-- About this exercise --
A word-for-word copy of the lines from the one holding "databases_re = none;" through the final line of the records below is the only output asked for.

★ ★ ★ ★ ★ ★ ★

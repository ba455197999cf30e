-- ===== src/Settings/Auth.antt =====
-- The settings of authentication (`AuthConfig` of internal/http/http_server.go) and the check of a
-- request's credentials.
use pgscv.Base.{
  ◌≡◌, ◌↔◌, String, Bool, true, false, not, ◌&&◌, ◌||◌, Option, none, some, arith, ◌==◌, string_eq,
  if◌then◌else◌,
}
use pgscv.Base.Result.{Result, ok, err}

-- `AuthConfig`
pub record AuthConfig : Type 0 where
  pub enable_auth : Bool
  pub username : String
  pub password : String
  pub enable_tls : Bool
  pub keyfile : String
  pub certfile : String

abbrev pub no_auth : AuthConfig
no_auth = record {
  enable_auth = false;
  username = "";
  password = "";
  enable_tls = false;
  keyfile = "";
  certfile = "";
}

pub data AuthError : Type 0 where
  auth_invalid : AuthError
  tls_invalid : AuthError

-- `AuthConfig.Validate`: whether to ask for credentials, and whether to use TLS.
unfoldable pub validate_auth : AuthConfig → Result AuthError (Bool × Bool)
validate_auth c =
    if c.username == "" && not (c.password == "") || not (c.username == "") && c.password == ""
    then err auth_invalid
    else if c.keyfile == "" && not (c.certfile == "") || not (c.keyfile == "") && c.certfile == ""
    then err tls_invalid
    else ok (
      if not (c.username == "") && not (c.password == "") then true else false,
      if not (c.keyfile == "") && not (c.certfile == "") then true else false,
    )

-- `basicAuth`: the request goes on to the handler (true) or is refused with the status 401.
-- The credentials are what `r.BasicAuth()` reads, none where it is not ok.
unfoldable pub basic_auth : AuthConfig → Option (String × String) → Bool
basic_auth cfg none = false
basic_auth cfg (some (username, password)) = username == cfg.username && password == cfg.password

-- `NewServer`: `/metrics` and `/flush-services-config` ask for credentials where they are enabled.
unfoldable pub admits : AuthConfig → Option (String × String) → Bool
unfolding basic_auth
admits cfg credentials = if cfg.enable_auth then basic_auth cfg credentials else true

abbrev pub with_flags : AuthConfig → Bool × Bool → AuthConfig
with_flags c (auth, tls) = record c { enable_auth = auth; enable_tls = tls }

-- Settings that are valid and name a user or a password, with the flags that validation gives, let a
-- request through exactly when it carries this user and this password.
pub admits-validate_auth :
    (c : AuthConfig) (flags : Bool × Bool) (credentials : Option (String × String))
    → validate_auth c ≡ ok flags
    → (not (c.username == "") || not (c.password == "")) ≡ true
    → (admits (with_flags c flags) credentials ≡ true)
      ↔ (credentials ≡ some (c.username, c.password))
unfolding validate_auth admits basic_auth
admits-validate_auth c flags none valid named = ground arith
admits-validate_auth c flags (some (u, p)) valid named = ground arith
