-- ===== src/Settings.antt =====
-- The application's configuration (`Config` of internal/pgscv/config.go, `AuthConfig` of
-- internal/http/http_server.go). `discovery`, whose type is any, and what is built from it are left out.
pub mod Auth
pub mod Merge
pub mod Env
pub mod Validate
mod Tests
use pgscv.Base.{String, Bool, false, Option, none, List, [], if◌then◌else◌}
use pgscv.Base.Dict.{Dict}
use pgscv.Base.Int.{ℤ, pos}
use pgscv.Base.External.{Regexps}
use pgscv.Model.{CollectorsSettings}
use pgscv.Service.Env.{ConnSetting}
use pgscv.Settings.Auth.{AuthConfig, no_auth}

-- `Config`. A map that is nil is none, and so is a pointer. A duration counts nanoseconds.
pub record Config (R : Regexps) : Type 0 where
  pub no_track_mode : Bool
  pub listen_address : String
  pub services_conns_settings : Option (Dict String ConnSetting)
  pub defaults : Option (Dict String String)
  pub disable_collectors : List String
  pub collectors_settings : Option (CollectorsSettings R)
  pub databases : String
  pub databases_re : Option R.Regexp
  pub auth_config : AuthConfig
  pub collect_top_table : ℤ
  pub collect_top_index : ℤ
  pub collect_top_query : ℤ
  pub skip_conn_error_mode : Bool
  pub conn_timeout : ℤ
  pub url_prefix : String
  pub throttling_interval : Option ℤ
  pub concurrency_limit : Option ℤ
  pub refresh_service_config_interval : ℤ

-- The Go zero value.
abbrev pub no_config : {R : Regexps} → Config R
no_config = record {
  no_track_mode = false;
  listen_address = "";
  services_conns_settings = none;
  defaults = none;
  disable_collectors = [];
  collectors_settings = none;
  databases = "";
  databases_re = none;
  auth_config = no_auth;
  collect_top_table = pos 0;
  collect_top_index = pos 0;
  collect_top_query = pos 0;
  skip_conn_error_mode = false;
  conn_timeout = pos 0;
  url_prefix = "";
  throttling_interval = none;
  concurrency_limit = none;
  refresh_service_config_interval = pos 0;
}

★ ★ ★ ★ ★ ★ ★

-- Exercise result --
  databases_re = none;
  auth_config = no_auth;
  collect_top_table = pos 0;
  collect_top_index = pos 0;
  collect_top_query = pos 0;
  skip_conn_error_mode = false;
  conn_timeout = pos 0;
  url_prefix = "";
  throttling_interval = none;
  concurrency_limit = none;
  refresh_service_config_interval = pos 0;
}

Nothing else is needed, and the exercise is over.